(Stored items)

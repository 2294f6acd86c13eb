-- ===== src/Tests/Caches.antt =====
-- A transfer of two layers of two chunks.
use dmaplane_master.Base.{some, ℕ, ◌^◌, ◌<◌, ◌≡◌, ◌≢◌, ◌↔◌, true, [], ◌∷◌, List, arith}
use dmaplane_master.Kvcache.{
  imm_encode, imm_layer, imm_chunk, sentinel, Latency, credit_init, bitmap_all_complete, recv_loop,
  fill_pattern, verify_pattern,
}
use dmaplane_master.Kvcache.Immediate.{imm_roundtrip}
use dmaplane_master.Kvcache.Layers.{
  sent, arrivals, all_sent, and_then, receiver_start, recv_loop_completes,
}
use dmaplane_master.Kvcache.Pattern.{seed, verify-fill}

abbrev layer : ℕ
layer = 31

abbrev chunk : ℕ
chunk = 15

imm_roundtrip_example :
    (imm_layer (imm_encode layer chunk) ≡ layer)
    × (imm_chunk (imm_encode layer chunk) ≡ chunk)
    × (imm_encode layer chunk < 2 ^ 32)
    × (imm_encode layer chunk ≡ sentinel → (layer ≡ 65535) × (chunk ≡ 65535))
imm_roundtrip_example = imm_roundtrip layer chunk (omega arith) (omega arith)

abbrev chunks : List (ℕ × ℕ)
chunks = (0, 1) ∷ (1, 0) ∷ (0, 0) ∷ (1, 1) ∷ []

abbrev no_samples : Latency
no_samples = record { samples = []; capacity = 8 }

recv_loop_completes_example :
    bitmap_all_complete
        (recv_loop (arrivals 5 chunks) (receiver_start 2 2 no_samples (credit_init 4))).1.bitmap
      ≡ true
    ↔ ((l c : ℕ) → l < 2 → c < 2 → sent chunks l c ≡ true)
recv_loop_completes_example =
    recv_loop_completes 2 2 5 chunks no_samples (credit_init 4) (omega arith) (omega arith) (
      and_then 0 1 _ (omega arith) (omega arith) (
        and_then 1 0 _ (omega arith) (omega arith) (
          and_then 0 0 _ (omega arith) (omega arith)
            (and_then 1 1 _ (omega arith) (omega arith) all_sent))))

verify-fill_example :
    (verify_pattern (fill_pattern 13 0 4 0) 13 0 0 0 ≡ some 0)
    × (seed 13 0 ≡ seed 0 7 → verify_pattern (fill_pattern 13 0 4 0) 0 7 0 0 ≡ some 0)
    × (seed 13 0 ≢ seed 0 7 → verify_pattern (fill_pattern 13 0 4 0) 0 7 0 0 ≡ some 4)
    × (seed 13 0 ≡ seed 0 7)
verify-fill_example = verify-fill 13 0 0 7 4 (omega arith) (omega arith) (omega arith)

> _TASK TO CARRY OUT_: Copy exactly the lines from the top of the entries through the line with "and_then 0 0" in it, please, keeping both ends and adding nothing.

> _OUTPUT FOR THIS TASK_:
repository 2294f6acd86c13eb
-- ===== src/Tests/Caches.antt =====
-- A transfer of two layers of two chunks.
use dmaplane_master.Base.{some, ℕ, ◌^◌, ◌<◌, ◌≡◌, ◌≢◌, ◌↔◌, true, [], ◌∷◌, List, arith}
use dmaplane_master.Kvcache.{
  imm_encode, imm_layer, imm_chunk, sentinel, Latency, credit_init, bitmap_all_complete, recv_loop,
  fill_pattern, verify_pattern,
}
use dmaplane_master.Kvcache.Immediate.{imm_roundtrip}
use dmaplane_master.Kvcache.Layers.{
  sent, arrivals, all_sent, and_then, receiver_start, recv_loop_completes,
}
use dmaplane_master.Kvcache.Pattern.{seed, verify-fill}

abbrev layer : ℕ
layer = 31

abbrev chunk : ℕ
chunk = 15

imm_roundtrip_example :
    (imm_layer (imm_encode layer chunk) ≡ layer)
    × (imm_chunk (imm_encode layer chunk) ≡ chunk)
    × (imm_encode layer chunk < 2 ^ 32)
    × (imm_encode layer chunk ≡ sentinel → (layer ≡ 65535) × (chunk ≡ 65535))
imm_roundtrip_example = imm_roundtrip layer chunk (omega arith) (omega arith)

abbrev chunks : List (ℕ × ℕ)
chunks = (0, 1) ∷ (1, 0) ∷ (0, 0) ∷ (1, 1) ∷ []

abbrev no_samples : Latency
no_samples = record { samples = []; capacity = 8 }

recv_loop_completes_example :
    bitmap_all_complete
        (recv_loop (arrivals 5 chunks) (receiver_start 2 2 no_samples (credit_init 4))).1.bitmap
      ≡ true
    ↔ ((l c : ℕ) → l < 2 → c < 2 → sent chunks l c ≡ true)
recv_loop_completes_example =
    recv_loop_completes 2 2 5 chunks no_samples (credit_init 4) (omega arith) (omega arith) (
      and_then 0 1 _ (omega arith) (omega arith) (
        and_then 1 0 _ (omega arith) (omega arith) (
          and_then 0 0 _ (omega arith) (omega arith)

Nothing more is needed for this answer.